### EXERCISE DESCRIPTION
Note each line in the data holding the string "trim" and report it.

### DATASET EXTRACT
----
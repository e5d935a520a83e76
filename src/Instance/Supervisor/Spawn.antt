-- ===== src/Instance/Supervisor/Spawn.antt =====
-- Spawn and Restart. `Launch` is what the operating system and the child do during one call: the
-- files that are written, the ports that can be bound, whether the child starts, and how its
-- readiness probe ends. Between the check for a live worker and its registration the code gives up
-- its lock; here nothing else happens in between.
pub mod Consistent
pub mod Outcomes
pub mod Success
use copilot_pool_gateway.Base.{
  ℕ, String, Bool, true, false, Option, none, some, ◌==◌, if◌then◌else◌, trim,
}
use copilot_pool_gateway.Base.StringMap.{StringMap, get, put}
use copilot_pool_gateway.Store.Account.Edit.{update_account_worker}
use copilot_pool_gateway.Instance.Ports.{
  PortPool, Outcome, ok, err, SupervisorError, empty_account, closed, already_live, unknown_account,
  setup_failed, start_failed, probe_failed, ready_timeout, release, select_port,
}
use copilot_pool_gateway.Instance.Supervisor.{
  Supervisor, Worker, WorkerEntry, starting, ready, stopped, with_status, home_for, worker_url_for,
  mark_start_timeout, set_worker,
}
use copilot_pool_gateway.Instance.Supervisor.Stop.{Exit, exits, stop}

-- The home directory, the token file and the log file, up to the first failure.
pub data Files : Type 0 where
  no_home no_token no_log opened : Files

pub data Probe : Type 0 where
  answers : Probe
  -- the deadline passed, or another error, each with its text
  times_out : String → Probe
  fails : String → Probe

pub record Launch : Type 0 where
  pub files : Files
  pub bindable : ℕ → Bool
  -- the child's process ID, `none` where it does not start
  pub pid : Option ℕ
  pub started_at : ℕ
  pub probe : Probe

abbrev pub new_entry : Supervisor → String → ℕ → ℕ → ℕ → WorkerEntry
new_entry s id port pid now = record {
  account_id = id;
  port = port;
  home = home_for s id;
  pid = pid;
  started_at = now;
  status = starting;
  last_error = "";
  worker_url = worker_url_for port;
}

-- PersistOnReady, as main.go sets it; its error is only logged.
unfoldable pub persist_on_ready : WorkerEntry → Supervisor → Supervisor
persist_on_ready e s = record s {
  disk = (update_account_worker e.account_id e.worker_url e.home e.port e.pid s.disk).1;
}

-- snapshotLocked of an unknown account
abbrev empty_entry : WorkerEntry
empty_entry = record {
  account_id = "";
  port = 0;
  home = "";
  pid = 0;
  started_at = 0;
  status = stopped;
  last_error = "";
  worker_url = "";
}

-- The status becomes ready, and the snapshot is persisted.
abbrev finish_ready : String → Option Worker → Supervisor → Outcome WorkerEntry × Supervisor
finish_ready id none s = (ok empty_entry, persist_on_ready empty_entry s)
finish_ready id (some w) s =
    let w' = with_status ready w in
    (ok w'.entry, persist_on_ready w'.entry (record s { workers = put s.workers id w' }))

-- The failed child is stopped under a context that does not end.
abbrev give_up : String → String → SupervisorError → Supervisor → Outcome WorkerEntry × Supervisor
give_up id cause e s = (err e, (stop exits id (mark_start_timeout id (some cause) s)).1)

unfoldable pub await_ready : Probe → String → Supervisor → Outcome WorkerEntry × Supervisor
unfolding persist_on_ready
await_ready answers id s = finish_ready id (get s.workers id) s
await_ready (times_out cause) id s = give_up id cause ready_timeout s
await_ready (fails cause) id s = give_up id cause probe_failed s

-- From the selected port on.
unfoldable pub start_child :
    Launch → String → Supervisor → Outcome (ℕ × PortPool) → Outcome WorkerEntry × Supervisor
unfolding await_ready
start_child l id s (err e) = (err e, s)
start_child l id s (ok (port, ports)) = elim l.pid [
  | none ↦ (err start_failed, record s { ports = release port ports })
  | some pid ↦ await_ready l.probe id (record s {
    ports = ports;
    workers =
        put s.workers id (record { entry = new_entry s id port pid l.started_at; adopted = false });
  })
]

abbrev pub with_token : String → String → Supervisor → Supervisor
with_token id token s = record s { homes = put s.homes id token }

-- From the home directory on.
unfoldable pub prepare :
    Files → Launch → String → String → ℕ → Supervisor → Outcome WorkerEntry × Supervisor
unfolding start_child
prepare no_home l id token preferred s = (err setup_failed, s)
prepare no_token l id token preferred s = (err setup_failed, s)
prepare no_log l id token preferred s = (err setup_failed, with_token id token s)
prepare opened l id token preferred s =
    start_child l id (with_token id token s) (select_port l.bindable preferred s.ports)

-- The check under the lock: an account has at most one worker.
unfoldable pub spawn_unless_live :
    Option Worker → Launch → String → String → ℕ → Supervisor → Outcome WorkerEntry × Supervisor
unfolding prepare
spawn_unless_live (some w) l id token preferred s = (err already_live, s)
spawn_unless_live none l id token preferred s = prepare l.files l id token preferred s

-- spawn; Spawn is this with no preferred port.
unfoldable pub spawn : Launch → String → String → ℕ → Supervisor → Outcome WorkerEntry × Supervisor
unfolding spawn_unless_live
spawn l id token preferred s =
    if trim id == ""
    then (err empty_account, s)
    else if s.closed
    then (err closed, s)
    else spawn_unless_live (get s.workers id) l id token preferred s

abbrev pub respawn :
    Launch → String → String → Outcome (Unit {0}) × Supervisor → Outcome WorkerEntry × Supervisor
respawn l id token (ok _, s) = spawn l id token 0 s
respawn l id token (err unknown_account, s) = spawn l id token 0 s
respawn l id token (err e, s) = (err e, s)

-- Restart: an account without a worker is no error.
unfoldable pub restart :
    Exit → Launch → String → String → Supervisor → Outcome WorkerEntry × Supervisor
unfolding spawn
restart outcome l id token s = respawn l id token (stop outcome id s)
----
### ANSWER FOR THIS EXERCISE
  ℕ, String, Bool, true, false, Option, none, some, ◌==◌, if◌then◌else◌, trim,
    if trim id == ""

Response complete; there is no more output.